[Collected data]
%%
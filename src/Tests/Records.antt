-- ===== src/Tests/Records.antt =====
-- The theorems on stored channels and on the latest app at a concrete channel.
use indrav.FreeBalance.{create_free_balance}
use indrav.FreeBalance.Order.{create_free_balance-swap}
use indrav.Prelude.{arith, ◌≤◌, ◌≡◌, refl, ◌∷◌, []}
use indrav.Prelude.Dict.{values}
use indrav.Prelude.Result.{ok}
use indrav.AppInstance.{AppInstance}
use indrav.StateChannel.{StateChannel, most_recently_installed_app_instance}
use indrav.StateChannel.Json.{channel_to_json, channel_from_json}
use indrav.StateChannel.Stored.{channel_from_json-channel_to_json}
use indrav.StateChannel.Latest.{Among, most_recently_installed-max}
use indrav.Tests.Toy.{toy, game}
use indrav.Tests.Table.{table}

channel_from_json-channel_to_json_example : channel_from_json (channel_to_json table) ≡ ok table
channel_from_json-channel_to_json_example =
    channel_from_json-channel_to_json table refl tt (refl, tt) tt

-- Another app, proposed later than the game.
abbrev later_game : AppInstance
later_game = record game { app_seq_no = 4 }

abbrev two_games : StateChannel
two_games = record table { app_instances = (4306, later_game) ∷ (3306, game) ∷ [] }

latest_of_two : most_recently_installed_app_instance two_games ≡ ok later_game
unfolding most_recently_installed_app_instance
latest_of_two = refl

most_recently_installed-max_example :
    Among later_game (values two_games.app_instances) × (game.app_seq_no ≤ later_game.app_seq_no)
most_recently_installed-max_example = most_recently_installed-max two_games 3306 latest_of_two refl

create_free_balance-swap_example :
    create_free_balance (1 ∷ 2 ∷ []) 62 8 ≡ create_free_balance (2 ∷ 1 ∷ []) 62 8
create_free_balance-swap_example = create_free_balance-swap 1 2 62 8 (λ e. absurd (omega arith))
%%
What is being asked
Every line from the one with "latest_of_two : most_recently_installed_app_instance" to the end of the records above should be returned exactly, and no other lines.

Response to this exercise
latest_of_two : most_recently_installed_app_instance two_games ≡ ok later_game
unfolding most_recently_installed_app_instance
latest_of_two = refl

most_recently_installed-max_example :
    Among later_game (values two_games.app_instances) × (game.app_seq_no ≤ later_game.app_seq_no)
most_recently_installed-max_example = most_recently_installed-max two_games 3306 latest_of_two refl

create_free_balance-swap_example :
    create_free_balance (1 ∷ 2 ∷ []) 62 8 ≡ create_free_balance (2 ∷ 1 ∷ []) 62 8
create_free_balance-swap_example = create_free_balance-swap 1 2 62 8 (λ e. absurd (omega arith))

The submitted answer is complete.